FYI- Santa is an anagram for Satan and they both wear red suits too.
I suppose that has religious connotations.

Posted on Dec 23, 2012, 4:28:49 PM PST
(®_0) says:
Why can't Satan have a happy holidays?

In reply to an earlier post on Dec 23, 2012, 4:57:23 PM PST
witchie+ says:
I thought that Santa Clause tradition came from the Christian, Saint Nicholas.

Posted on Dec 23, 2012, 5:12:30 PM PST
50Olds says:
The Santa Claus tradition was not originally associated with the holiday tree custom, which was Roman in origin.

In reply to an earlier post on Dec 23, 2012, 5:46:20 PM PST
catholic irish person
not christian

In reply to an earlier post on Dec 23, 2012, 5:53:17 PM PST
witchie+ says:
I thought St Nicholas came from the Neatherlands.

Apparently, you have your own special definition of Christian. If someone claims to be a Christian, I accept their claim. Why should anyone care?

In reply to an earlier post on Dec 23, 2012, 6:12:39 PM PST
Joe Anthony says:
Kathleen M. Pelley says;

"I thought St Nicholas came from the Neatherlands."

I say:

St. Nick, a.k.a. "Santa Clause" is North Polish.
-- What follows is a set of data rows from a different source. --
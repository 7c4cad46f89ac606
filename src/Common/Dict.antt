-- ===== src/Common/Dict.antt =====
-- A JavaScript object or `Map` with text keys, as an association list in insertion order: a write
-- to a key that is there keeps its place, a write to another goes to the end.
use Prim.Native.String.{String}
use mathlib.Core.Path.{◌≡◌, refl, subst}
use mathlib.Core.Bool.{Bool, false}
use mathlib.Core.Logic.{inl, inr}
use mathlib.Core.Option.{Option, none, some, some-injective}
use mathlib.Core.List.{List, [], ◌∷◌}
use native.Mathlib.Omega.{arith}
use text.Mathlib.Text.{◌==◌}
use text.Mathlib.TextEquality.{eq_iff}
use wilanis_js.Common.Tests.{if◌then◌else◌, Bool-cases}
use wilanis_js.Common.Lists.{some_of}

abbrev pub Dict {ℓ} : Type ℓ → Type ℓ
Dict V = List (String × V)

module _ {ℓ} {V : Type ℓ} where
  unfoldable pub get : String → Dict V → Option V
  get k [] = none
  get k ((j, v) ∷ d) = if j == k then some v else get k d

  unfoldable pub set : String → V → Dict V → Dict V
  set k v [] = (k, v) ∷ []
  set k v ((j, w) ∷ d) = if j == k then (k, v) ∷ d else (j, w) ∷ set k v d

  unfoldable pub delete : String → Dict V → Dict V
  delete k [] = []
  delete k ((j, w) ∷ d) = let rest = delete k d in if j == k then rest else (j, w) ∷ rest

  unfoldable pub values : Dict V → List V
  values [] = []
  values ((_, v) ∷ d) = v ∷ values d

  pub get-set :
      (k j : String) (v : V) (d : Dict V) → get j (set k v d) ≡ (if k == j then some v else get j d)
  unfolding get set
  get-set k j v [] = refl
  get-set k j v ((i, w) ∷ d) = ground (arith, eq_iff k j, eq_iff i k, eq_iff i j, get-set k j v d)

  pub get-delete :
      (k j : String) (d : Dict V) → get j (delete k d) ≡ (if k == j then none else get j d)
  unfolding get delete
  get-delete k j [] = ground arith
  get-delete k j ((i, w) ∷ d) = ground (arith, eq_iff i k, eq_iff i j, eq_iff k j, get-delete k j d)

-- Keys that do not repeat, as a JavaScript object's.
abbrev pub IsDistinct {ℓ} : {V : Type ℓ} → Dict V → Type ℓ
IsDistinct [] = Unit
IsDistinct ((k, v) ∷ d) = (get k d ≡ none) × IsDistinct d

-- A value under a key is one of the values.
pub some_of-values {ℓ} :
    {V : Type ℓ} (test : V → Bool) (d : Dict V) (k : String) (v : V)
    → some_of test (values d) ≡ false
    → get k d ≡ some v
    → test v ≡ false
unfolding get values
some_of-values test [] k v h e = cc
some_of-values test ((j, w) ∷ d) k v h e = elim (Bool-cases (j == k)) [
  | inl same ↦ subst (λ x. test x ≡ false) (some-injective w v (rw same at e)) (ground arith)
  | inr other ↦ some_of-values test d k v (ground arith) (rw other at e)
]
In reply to an earlier post on Dec 23, 2012, 6:17:02 PM PST
50Olds says:
Catholics are Christians.

In reply to an earlier post on Dec 23, 2012, 6:18:10 PM PST
Last edited by the author on Dec 23, 2012, 6:18:43 PM PST
"Saint Nicholas of Myra is the primary inspiration for the Christian figure of Sinterklaas. He was a 4th century Greek Christian bishop of Myra (now Demre) in Lycia, a province of the Byzantine Anatolia, now in Turkey. Nicholas was famous for his generous gifts to the poor, in particular presenting the three impoverished daughters of a pious Christian with dowries so that they would not have to become prostitutes.[6] He was very religious from an early age and devoted his life entirely to Christianity. In continental Europe (more precisely the Netherlands, Belgium, Austria and Germany) he is usually portrayed as a bearded bishop in canonical robes. In 1087, the Italian city of Bari, wanting to enter the profitable pilgrimage industry of the times, mounted an expedition to locate the tomb of the Christian Saint and procure his remains. The reliquary of St. Nicholas was conquered by Italian sailors and the spoils, including his relics, taken to Bari[7][8] where they are kept to this day. A basilica was constructed the same year to store the loot and the area became a pilgrimage site for the devout, thus justifying the economic cost of the expedition. Saint Nicholas was later claimed as a patron saint of many diverse groups, from archers, sailors, and children to pawnbrokers.[6][9] He is also the patron saint of both Amsterdam and Moscow.[10]"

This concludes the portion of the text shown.